Having been an air crewman on a C-130 variant, I can tell you there has never been a successful ditching at sea.
As in no survivors. Not once.
Over the entire 60 year life of the aircraft. And probably the best airplane ever built.
Thank you for that.
Why would that be the case? Is it because so few ever lost power over water?
https://www.youtube.com/watch?v=-PjyGJO7Qm0
With zero radio transmissions indicating a problem or emergency, I suspect it suffered some kind of rapid catastrophic failure like the USMC KC-130 crash in 2017 and tore herself apart too rapidly for even a radio transmission.
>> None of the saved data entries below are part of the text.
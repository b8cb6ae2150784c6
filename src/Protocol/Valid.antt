-- ===== src/Protocol/Valid.antt =====
-- What holds of a Protocol between calls: its arrays have the sizes that the configuration names,
-- and every element is in the range of its C++ type.
use via_arduino.Base.{length-set, length-splice, ◌∙◌, ℕ, zero, suc, ◌/◌, ◌^◌, ◌<◌, ◌≡◌, length}
use via_arduino.Base.{List, [], ◌∷◌, ◌++◌, set, splice, take, drop, replicate, get_or}
use via_arduino.Protocol.Config.{Config, key_count, encoder_map_bytes}
use via_arduino.Protocol.Board.{State}

-- Every element lies below the bound.
abbrev pub Below : ℕ → List ℕ → Type 0
Below n [] = Unit {0}
Below n (x ∷ xs) = (x < n) × Below n xs

pub Below-set : (n : ℕ) (xs : List ℕ) (i v : ℕ) → Below n xs → v < n → Below n (set xs i v)
Below-set n [] i v h p = tt
Below-set n (x ∷ xs) zero v h p = (p, h.1)
Below-set n (x ∷ xs) (suc i) v h p = (h.0, Below-set n xs i v h.1 p)

pub Below-splice :
    (n : ℕ) (xs : List ℕ) (off : ℕ) (ys : List ℕ)
    → Below n xs
    → Below n ys
    → Below n (splice xs off ys)
Below-splice n [] off ys h p = tt
Below-splice n (x ∷ xs) zero [] h p = h
Below-splice n (x ∷ xs) zero (y ∷ ys) h p = (p.0, Below-splice n xs zero ys h.1 p.1)
Below-splice n (x ∷ xs) (suc off) ys h p = (h.0, Below-splice n xs off ys h.1 p)

pub Below-take : (n k : ℕ) (xs : List ℕ) → Below n xs → Below n (take k xs)
Below-take n zero xs h = tt
Below-take n (suc k) [] h = tt
Below-take n (suc k) (x ∷ xs) h = (h.0, Below-take n k xs h.1)

pub Below-drop : (n k : ℕ) (xs : List ℕ) → Below n xs → Below n (drop k xs)
Below-drop n zero xs h = h
Below-drop n (suc k) [] h = tt
Below-drop n (suc k) (x ∷ xs) h = Below-drop n k xs h.1

pub Below-append : (n : ℕ) (xs ys : List ℕ) → Below n xs → Below n ys → Below n (xs ++ ys)
Below-append n [] ys h p = p
Below-append n (x ∷ xs) ys h p = (h.0, Below-append n xs ys h.1 p)

pub Below-replicate : (n k v : ℕ) → v < n → Below n (replicate k v)
Below-replicate n zero v h = tt
Below-replicate n (suc k) v h = (h, Below-replicate n k v h)

pub get_or-lt : (n : ℕ) (xs : List ℕ) (i : ℕ) → 0 < n → Below n xs → get_or xs i 0 < n
get_or-lt n [] i p h = p
get_or-lt n (x ∷ xs) zero p h = h.0
get_or-lt n (x ∷ xs) (suc i) p h = get_or-lt n xs i p h.1

-- The default arrays are as long as the maps they reset.
pub record IsDefaults (c : Config) : Type 0 where
  pub default_keys : length c.default_keymap ≡ key_count c
  pub default_key_range : Below (2 ^ 16) c.default_keymap
  pub default_encoders : length c.default_encoder_map ≡ encoder_map_bytes c / 2
  pub default_encoder_range : Below (2 ^ 16) c.default_encoder_map

pub record IsValid {S C : Type 0} (c : Config) (s : State S C) : Type 0 where
  pub keymap_size : length s.keymap ≡ key_count c
  pub keymap_range : Below (2 ^ 16) s.keymap
  pub encoder_size : length s.encoder_map ≡ encoder_map_bytes c / 2
  pub encoder_range : Below (2 ^ 16) s.encoder_map
  pub macro_size : length s.macros ≡ c.macro_bytes
  pub macro_range : Below 256 s.macros
  pub load_size : length s.load_buffer ≡ c.load_buffer_bytes
  pub load_range : Below 256 s.load_buffer
  pub options_range : s.layout_options < 2 ^ 32

-- A packet is 32 bytes.
pub record IsPacket (p : List ℕ) : Type 0 where
  pub full : length p ≡ 32
  pub bytes : Below 256 p

pub IsPacket-set : (p : List ℕ) (i v : ℕ) → IsPacket p → v < 256 → IsPacket (set p i v)
IsPacket-set p i v h le = record {
  full = length-set p i v ∙ h.full;
  bytes = Below-set 256 p i v h.bytes le;
}

pub IsPacket-splice :
    (p : List ℕ) (off : ℕ) (ys : List ℕ) → IsPacket p → Below 256 ys → IsPacket (splice p off ys)
IsPacket-splice p off ys h le = record {
  full = length-splice p off ys ∙ h.full;
  bytes = Below-splice 256 p off ys h.bytes le;
}

-- The same active arrays, staging buffer and options.
abbrev pub Same : {S C : Type 0} → State S C → State S C → Type 0
Same s' s =
    (s'.keymap ≡ s.keymap)
    × (s'.encoder_map ≡ s.encoder_map)
    × (s'.macros ≡ s.macros)
    × (s'.load_buffer ≡ s.load_buffer)
    × (s'.layout_options ≡ s.layout_options)

pub IsValid-Same :
    {S C : Type 0} (c : Config) (s s' : State S C) → Same s' s → IsValid c s → IsValid c s'
IsValid-Same c s s' e v = record {
  keymap_size = rw e.0 v.keymap_size;
  keymap_range = rw e.0 v.keymap_range;
  encoder_size = rw e.1 v.encoder_size;
  encoder_range = rw e.1 v.encoder_range;
  macro_size = rw e.2 v.macro_size;
  macro_range = rw e.2 v.macro_range;
  load_size = rw e.3 v.load_size;
  load_range = rw e.3 v.load_range;
  options_range = rw e.4 v.options_range;
}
The official video reconstruction above is from the accident investigation.
Thoughts?
Appears to be a somewhat inaccurate statement.
For example: Colombian Air Force C-130 ditched in the Atlantic in 1982. 13 on board. Eight survivors picked up.
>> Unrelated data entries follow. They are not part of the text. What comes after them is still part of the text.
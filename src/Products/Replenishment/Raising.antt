-- ===== src/Products/Replenishment/Raising.antt =====
-- Which stocks a top-up raises, and by how much
-- (src/modules/products/stock-replenishment.service.ts).
use order_lifecycle_backend.Prelude.{
  ℕ, suc, ◌+◌, ◌*◌, ◌/◌, ◌≡◌, ◌≢◌, ◌≤◌, ◌<◌, refl, sym, ap, subst, ◌∙◌, ◌⊎◌, inl, inr, Bool, true,
  false, ◌&&◌, Option, none, some, List, [], ◌∷◌, arith, ◌==◌, leb, if◌then◌else◌, select, find_by,
  IsKeyed, Bool-cases, ==_apart, ==_sound, find_by-update_ne, find_by-update_self,
}
use order_lifecycle_backend.Entities.{Product}
use order_lifecycle_backend.Products.{product_id, any_product}
use order_lifecycle_backend.Products.Replenishment.{
  Fraction, should_restock, draws_of_decision, random_restock_amount, top_up, low_stock, replenish,
  replenish_low_stock, low_stock_threshold, guaranteed_restock_at, restock_min, restock_max,
}
use native.Mathlib.Nat.{div-lt_iff_lt-mul}

-- Every value of `Math.random()` is below one.
abbrev pub IsUnit : (ℕ → Fraction) → Type 0
IsUnit random = (n : ℕ) → (random n).part < (random n).whole

amount_bounds :
    (r : Fraction)
    → r.part < r.whole
    → (restock_min ≤ random_restock_amount r) × (random_restock_amount r ≤ restock_max)
unfolding random_restock_amount
amount_bounds r h = (omega arith, omega (arith, below))
  where
    below : r.part * 51 / r.whole < 51
    below =
        (div-lt_iff_lt-mul {k = r.whole} {x = r.part * 51} {y = 51} (omega arith)).1 (omega arith)

-- A raise of nothing, or of 50 to 100.
abbrev pub IsRaise : ℕ → Type 0
IsRaise a = (a ≡ 0) ⊎ ((restock_min ≤ a) × (a ≤ restock_max))

abbrev pub raised_by : ℕ → Product → Product
raised_by a p = record p { stock = p.stock + a }

module _ (random : ℕ → Fraction) (unit : IsUnit random) where
  -- The loop leaves alone what it has not read.
  replenish-others :
      (i drawn : ℕ) (ps rows : List Product)
      → find_by product_id i ps ≡ none
      → find_by product_id i (replenish random drawn ps rows).0 ≡ find_by product_id i rows
  unfolding replenish
  replenish-others i drawn [] rows h = refl
  replenish-others i drawn (p ∷ ps) rows h =
      elim (Bool-cases (should_restock (random drawn) p.stock)) [
        | inl raise ↦ rw raise (
            replenish-others i (suc (drawn + draws_of_decision p.stock)) ps
              (top_up p.id (amount p) rows) (ground arith)
            ∙ find_by-update_ne product_id p.id any_product (raised_by (amount p)) (λ r. refl) i
                rows (ground arith))
        | inr skip ↦
            rw skip (replenish-others i (drawn + draws_of_decision p.stock) ps rows (ground arith))
      ]
    where
      amount : Product → ℕ
      amount q = random_restock_amount (random (drawn + draws_of_decision q.stock))

-- What a top-up makes of a product that the loop has read as one row and finds stored as another.
pub record IsRaised (read stored : Product) (found : Option Product) : Type 0 where
  pub amount : ℕ
  pub range : IsRaise amount
  pub certain : read.stock ≤ guaranteed_restock_at → amount ≢ 0
  pub result : found ≡ some (raised_by amount stored)

certain_restock : (r : Fraction) (stock : ℕ) → stock ≤ 5 → should_restock r stock ≡ true
unfolding should_restock
certain_restock r stock h = ground arith

unraised : (p : Product) → p ≡ raised_by 0 p
unraised p = ap (λ n. record p { stock = n }) (omega arith)

module _ (random : ℕ → Fraction) (unit : IsUnit random) where
  replenish_head :
      (i drawn : ℕ) (p r : Product) (ps rows : List Product)
      → (p.id == i) ≡ true
      → find_by product_id i ps ≡ none
      → find_by product_id i rows ≡ some r
      → IsRaised p r (find_by product_id i (replenish random drawn (p ∷ ps) rows).0)
  unfolding replenish
  replenish_head i drawn p r ps rows hit rest f =
      elim (Bool-cases (should_restock (random drawn) p.stock)) [
        | inl raise ↦ record {
          amount = amount;
          range = inr (amount_bounds (random decided) (unit decided));
          certain = λ _. omega (arith, (amount_bounds (random decided) (unit decided)).0);
          result = rw raise (
              replenish-others random unit i (suc decided) ps (top_up p.id amount rows) rest
              ∙ topped (==_sound p.id i hit));
        }
        | inr skip ↦ record {
          amount = 0;
          range = inl refl;
          certain = λ low. absurd (ground (arith, certain_restock (random drawn) p.stock low));
          result =
              rw skip
                (replenish-others random unit i decided ps rows rest ∙ f ∙ ap some (unraised r));
        }
      ]
    where
      decided : ℕ
      decided = drawn + draws_of_decision p.stock

      amount : ℕ
      amount = random_restock_amount (random decided)

      topped : p.id ≡ i → find_by product_id i (top_up p.id amount rows) ≡ some (raised_by amount r)
      topped e =
          rw e
            (find_by-update_self product_id i any_product (raised_by amount) (λ q. refl) rows r f)

  replenish-raises :
      (i drawn : ℕ) (ps rows : List Product) (p r : Product)
      → IsKeyed product_id ps
      → find_by product_id i ps ≡ some p
      → find_by product_id i rows ≡ some r
      → IsRaised p r (find_by product_id i (replenish random drawn ps rows).0)
  unfolding replenish
  replenish-raises i drawn [] rows p r keyed e f = absurd (ground arith)
  replenish-raises i drawn (q ∷ ps) rows p r keyed e f = elim (Bool-cases (q.id == i)) [
    | inl hit ↦
        subst (λ x. IsRaised x r (find_by product_id i (replenish random drawn (q ∷ ps) rows).0))
          (ground arith) (replenish_head i drawn q r ps rows hit (rest (==_sound q.id i hit)) f)
    | inr miss ↦ elim (Bool-cases (should_restock (random drawn) q.stock)) [
      | inl raise ↦ rw raise (
          replenish-raises i (suc decided) ps (top_up q.id amount rows) p r keyed.1 (ground arith) (
            find_by-update_ne product_id q.id any_product (raised_by amount) (λ x. refl) i rows
              (λ h. ==_apart q.id i miss (sym h))
            ∙ f))
      | inr skip ↦ rw skip (replenish-raises i decided ps rows p r keyed.1 (ground arith) f)
    ]
  ]
    where
      decided : ℕ
      decided = drawn + draws_of_decision q.stock

      amount : ℕ
      amount = random_restock_amount (random decided)

      rest : q.id ≡ i → find_by product_id i ps ≡ none
      rest h = subst (λ j. find_by product_id j ps ≡ none) h keyed.0

select-none :
    (keep : Product → Bool) (i : ℕ) (rows : List Product)
    → find_by product_id i rows ≡ none
    → find_by product_id i (select keep rows) ≡ none
select-none keep i [] h = refl
select-none keep i (p ∷ rows) h = ground (arith, select-none keep i rows)

select-IsKeyed :
    (keep : Product → Bool) (rows : List Product)
    → IsKeyed product_id rows
    → IsKeyed product_id (select keep rows)
select-IsKeyed keep [] h = tt
select-IsKeyed keep (p ∷ rows) h = elim (Bool-cases (keep p)) [
  | inl hit ↦ rw hit (select-none keep p.id rows h.0, select-IsKeyed keep rows h.1)
  | inr miss ↦ rw miss (select-IsKeyed keep rows h.1)
]

select-found :
    (keep : Product → Bool) (i : ℕ) (rows : List Product) (p : Product)
    → IsKeyed product_id rows
    → find_by product_id i rows ≡ some p
    → find_by product_id i (select keep rows) ≡ (if keep p then some p else none)
select-found keep i [] p h e = absurd (ground arith)
select-found keep i (q ∷ rows) p h e = elim (Bool-cases (q.id == i)) [
  | inl hit ↦ ground (arith, select-none keep i rows (rest (==_sound q.id i hit)))
  | inr miss ↦ ground (arith, select-found keep i rows p h.1)
]
  where
    rest : q.id ≡ i → find_by product_id i rows ≡ none
    rest r = subst (λ j. find_by product_id j rows ≡ none) r h.0

-- What a top-up does to a product, by its stock and whether it is on sale.
pub data ToppedUp (p : Product) (found : Option Product) : Type 0 where
  low : p.stock ≤ low_stock_threshold → p.active ≡ true → IsRaised p p found → ToppedUp p found
  left_alone :
      (leb p.stock low_stock_threshold && p.active) ≡ false → found ≡ some p → ToppedUp p found

-- A top-up leaves a product alone that is not on sale or has more than 10 in stock. Any other
-- gets nothing or between 50 and 100 more, and with at most 5 in stock it gets some for certain.
-- Products have distinct ids, and every random value is below one.
pub replenish_low_stock-ToppedUp :
    (random : ℕ → Fraction) (drawn : ℕ) (rows : List Product) (i : ℕ) (p : Product)
    → IsUnit random
    → IsKeyed product_id rows
    → find_by product_id i rows ≡ some p
    → ToppedUp p (find_by product_id i (replenish_low_stock random drawn rows).0)
unfolding replenish_low_stock low_stock
replenish_low_stock-ToppedUp random drawn rows i p unit keyed e =
    elim (Bool-cases (leb p.stock low_stock_threshold && p.active)) [
      | inl is_low ↦ low (ground arith) (ground arith) (
          replenish-raises random unit i drawn (low_stock rows) rows p p
            (select-IsKeyed _ rows keyed) (ground (arith, select-found low_row i rows p keyed e)) e)
      | inr other ↦ left_alone other (
          replenish-others random unit i drawn (low_stock rows) rows
            (ground (arith, select-found low_row i rows p keyed e))
          ∙ e)
    ]
  where
    low_row : Product → Bool
    low_row q = leb q.stock low_stock_threshold && q.active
https://www.nytimes.com/1982/10/17/us/aircraft-ditches-in-sea-five-on-board-missing.html
A US one went down in the Pacific in the 1990s. One survivor (of 11 on the plane). Too late in the evening to look for any more.
I have over 5000 hours as a C-130 loadmaster and I know of at least one C-130 ditching where the aircraft remained intact and eight people survived. That was a Colombian C-130 that ditched in 1982.
One mans opinion. The C-130 has a way to go to beat the DC-3. Still flying cargo since WW II.